• _PROVIDED RECORDS_:
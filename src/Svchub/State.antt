-- ===== src/Svchub/State.antt =====
-- The state of svchub: `struct proc`, `struct conn`, `struct top` and the two tables. What the kernel
-- answers during one call is an argument of the operations, and what the program asks of it is a
-- list of actions, the newest first.
use minibase.Base.{ℕ, Bool, false, ◌||◌, Option, none, List, [], ◌∷◌, Bytes, get_or, set}
use minibase.Base.Int.{ℤ, pos, negsuc}

abbrev pub name_len : ℕ
name_len = 16

abbrev pub max_procs : ℕ
max_procs = 70

abbrev pub max_conns : ℕ
max_conns = 10

abbrev pub ring_size : ℕ
ring_size = 4096

-- `ctx->state`
pub data Phase : Type 0 where
  unknown startup running stopping shutdown : Phase

-- `pc->flags`, one bit each
pub record Flags : Type 0 where
  pub in_use : Bool
  pub killed : Bool
  pub status : Bool
  pub once : Bool
  pub pass : Bool

abbrev pub no_flags : Flags
no_flags = record { in_use = false; killed = false; status = false; once = false; pass = false }

-- `flags != 0`
abbrev pub any_flag : Flags → Bool
any_flag f = f.in_use || f.killed || f.status || f.once || f.pass

-- The argument `flags` of `start_proc`: P_ONCE or P_PASS.
pub record StartFlags : Type 0 where
  pub once : Bool
  pub pass : Bool

-- `name` are the bytes in front of the first NUL, 16 at most. `pid` is a process id, or the exit
-- status where P_STATUS is set. `ring` is what `buf` points to.
pub record Proc : Type 0 where
  pub name : Bytes
  pub pid : ℕ
  pub fd : ℤ
  pub time : ℕ
  pub flags : Flags
  pub ptr : ℕ
  pub ring : Option (ℕ → ℕ)

-- what `memzero` leaves
abbrev pub blank_proc : Proc
blank_proc = record {
  name = [];
  pid = 0;
  fd = pos 0;
  time = 0;
  flags = no_flags;
  ptr = 0;
  ring = none;
}

pub record Conn : Type 0 where
  pub fd : ℤ
  pub pid : ℕ

-- a request to the kernel, or a message on stderr
pub data Action : Type 0 where
  kill : ℕ → ℕ → Action
  fork_exec : Bytes → Action
  close_fd : ℤ → Action
  watch_fd : ℤ → Action
  unwatch_fd : ℤ → Action
  unmap_ring : Action
  map_ring : Action
  alarm : Action
  send_died : ℤ → Action
  send_bytes : ℤ → Bytes → Action
  say : Bytes → Action
  -- `fail`: the process exits
  die : Bytes → Action

-- `rbmode` is NULL where a stop follows a failure. `scrpid` is an int.
pub record Top : Type 0 where
  pub phase : Phase
  pub rbmode : Option Bytes
  pub scrpid : ℤ
  pub sigcnt : ℕ
  pub ctlfd : ℤ
  pub nconns : ℕ
  pub nprocs : ℕ
  pub nalive : ℤ
  pub procs : List Proc
  pub conns : List Conn
  pub log : List Action

-- What the kernel answers while one operation runs: -errno is negative. `now` is read each time the
-- clock is; `mapped` says whether a ring could be mapped. `send`, `writable` and `resend` are what `uc_send`,
-- `uc_wait_writable` and the second `uc_send` return for a connection.
pub record Kernel : Type 0 where
  pub access : ℤ
  pub pipe : ℤ
  pub pipe_fd : ℤ
  pub fork : ℤ
  pub now : ℕ
  pub kill : ℕ → ℕ → ℤ
  pub unmap : ℤ
  pub mapped : Bool
  pub send : ℤ → ℤ
  pub writable : ℤ → ℤ
  pub resend : ℤ → ℤ

abbrev pub logged : Top → Action → Top
logged c a = record c { log = a ∷ c.log }

abbrev pub blank_conn : Conn
blank_conn = record { fd = pos 0; pid = 0 }

abbrev pub conn_at : Top → ℕ → Conn
conn_at c j = get_or c.conns j blank_conn

abbrev pub put_conn : Top → ℕ → Conn → Top
put_conn c j cn = record c { conns = set c.conns j cn }

abbrev pub proc_at : Top → ℕ → Proc
proc_at c i = get_or c.procs i blank_proc

-- write the slot at `pc`
abbrev pub put_proc : Top → ℕ → Proc → Top
put_proc c i p = record c { procs = set c.procs i p }

abbrev pub einval : ℤ
einval = negsuc 21

abbrev pub enoent : ℤ
enoent = negsuc 1

abbrev pub eagain : ℤ
eagain = negsuc 10

abbrev pub enomem : ℤ
enomem = negsuc 11

abbrev pub ebusy : ℤ
ebusy = negsuc 15

abbrev pub enametoolong : ℤ
enametoolong = negsuc 35

abbrev pub enodata : ℤ
enodata = negsuc 60

abbrev pub ealready : ℤ
ealready = negsuc 113

abbrev pub enosys : ℤ
enosys = negsuc 37

abbrev pub enobufs : ℤ
enobufs = negsuc 104

abbrev pub sigkill : ℕ
sigkill = 9

abbrev pub sighup : ℕ
sighup = 1

abbrev pub sigterm : ℕ
sigterm = 15

abbrev pub sigcont : ℕ
sigcont = 18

• _YOUR ASSIGNMENT_: Emit, unaltered, the lines from the top of the listing down through the line that holds "-- The argument"; emit nothing else.

• _OUTPUT OF THE TASK_:
filename src/Svchub/State.antt
-- ===== src/Svchub/State.antt =====
-- The state of svchub: `struct proc`, `struct conn`, `struct top` and the two tables. What the kernel
-- answers during one call is an argument of the operations, and what the program asks of it is a
-- list of actions, the newest first.
use minibase.Base.{ℕ, Bool, false, ◌||◌, Option, none, List, [], ◌∷◌, Bytes, get_or, set}
use minibase.Base.Int.{ℤ, pos, negsuc}

abbrev pub name_len : ℕ
name_len = 16

abbrev pub max_procs : ℕ
max_procs = 70

abbrev pub max_conns : ℕ
max_conns = 10

abbrev pub ring_size : ℕ
ring_size = 4096

-- `ctx->state`
pub data Phase : Type 0 where
  unknown startup running stopping shutdown : Phase

-- `pc->flags`, one bit each
pub record Flags : Type 0 where
  pub in_use : Bool
  pub killed : Bool
  pub status : Bool
  pub once : Bool
  pub pass : Bool

abbrev pub no_flags : Flags
no_flags = record { in_use = false; killed = false; status = false; once = false; pass = false }

-- `flags != 0`
abbrev pub any_flag : Flags → Bool
any_flag f = f.in_use || f.killed || f.status || f.once || f.pass

-- The argument `flags` of `start_proc`: P_ONCE or P_PASS.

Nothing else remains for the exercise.